INDUSTRY: Environmental Services
Energy efficiency
Environmental services firms, like many other organisations, can be energy-intensive, with heating and air conditioning, lighting and use of electronic devices contributing to significant energy usage, with a resulting impact on operational costs and greenhouse gas emissions. By assessing energy efficiency and business travel, powering offices from renewable energy sources and ensuring office spaces utilise sustainable design, energy footprints, greenhouse gas emissions, and operational costs can be drastically reduced.
Employee travel
Work within the environmental services sector often involves on-site visits, which can significantly contribute to an organisation’s scope 3 greenhouse gas (GHG) emissions. Striving to reduce unnecessary business travel is vital, as well as the adoption of more sustainable transport methods. Hybrid working models, which have greatly increased in popularity since the COVID-19 pandemic, can also help to reduce GHG emissions produced through employee commuting.
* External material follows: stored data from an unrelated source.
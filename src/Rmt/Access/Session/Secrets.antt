-- ===== src/Rmt/Access/Session/Secrets.antt =====
-- What a response to `RDOP_SHOW` keeps from the host.
use fw.Base.{
  ℕ, ◌≡◌, refl, ◌∙◌, Bool, true, false, ◌||◌, List, [], ◌∷◌, arith, ◌==◌, Bool-cases, inl, inr,
}
use mathlib.Core.Path.{ap, sym}
use fw.Rmt.Access.{parts, shown}
use fw.Db.Field.{Field}
use fw.Db.Ft
use fw.Rmt.Access.Session.Fields.{visible}

-- Does the type hold a secret?
unfoldable pub is_secret : ℕ → Bool
is_secret type = type == Ft.pw || type == Ft.pw2 || type == Ft.hotp_secret || type == Ft.totp_secret

-- The fields have the same types, and differ in secrets only.
abbrev pub IsPublicEq : List Field → List Field → Type 0
IsPublicEq [] [] = Unit
IsPublicEq [] (g ∷ gs) = ⊥
IsPublicEq (f ∷ fs) [] = ⊥
IsPublicEq (f ∷ fs) (g ∷ gs) =
    (f.type ≡ g.type) × (is_secret f.type ≡ false → f ≡ g) × IsPublicEq fs gs

shown_secret : (f : Field) → is_secret f.type ≡ true → shown f ≡ parts ((f.type ∷ []) ∷ [])
unfolding shown is_secret
shown_secret f y = ground arith

shown-IsPublicEq :
    (f g : Field) → f.type ≡ g.type → (is_secret f.type ≡ false → f ≡ g) → shown f ≡ shown g
shown-IsPublicEq f g t e = elim (Bool-cases (is_secret f.type)) [
  | inr n ↦ (let q = e n in rw q refl)
  | inl y ↦
      (let y' : is_secret g.type ≡ true = ap is_secret (sym t) ∙ y in
        rw (shown_secret f y, shown_secret g y', t) refl)
]

-- Fields that differ in the values of passwords and of secrets of one-time passwords only show the
-- same blocks: the host learns nothing of what they hold, but that they are there.
pub visible-IsPublicEq : (fs gs : List Field) → IsPublicEq fs gs → visible fs ≡ visible gs
unfolding visible
visible-IsPublicEq [] [] h = refl
visible-IsPublicEq [] (g ∷ gs) h = elim h [ ]
visible-IsPublicEq (f ∷ fs) [] h = elim h [ ]
visible-IsPublicEq (f ∷ fs) (g ∷ gs) h =
    rw (shown-IsPublicEq f g h.0 h.1, visible-IsPublicEq fs gs h.2) refl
Delivering impactful services
The environmental services sector faces a critical question: how can it help clients avoid box ticking and help them to truly embed lasting change? While concerns around greenwashing are still commonplace, organisations in this sector can play a vital role in fostering genuine change within client organisations when it comes to sustainability practices and processes. Moving beyond transactional tasks and focusing on client education will help clients to exceed deliverables and guide them towards best practices that permeate the entire organisation in order to achieve lasting, meaningful impact.
Diversity and inclusion
While positive movements have been made with respect to gender representation in the Environmental Services sector, ethnically and socioeconomically diverse and disabled hiring remains poor. This is pervasive across firm size. Best practice diversity and inclusion initiatives can appear as ensuring equality in progression to prevent ‘glass ceilings’, the appointment of diverse leaders – as well as diversity throughout firms – and purposeful initiatives to hire from disadvantaged and socioeconomically diverse backgrounds, creating variety in talent pools in the sector.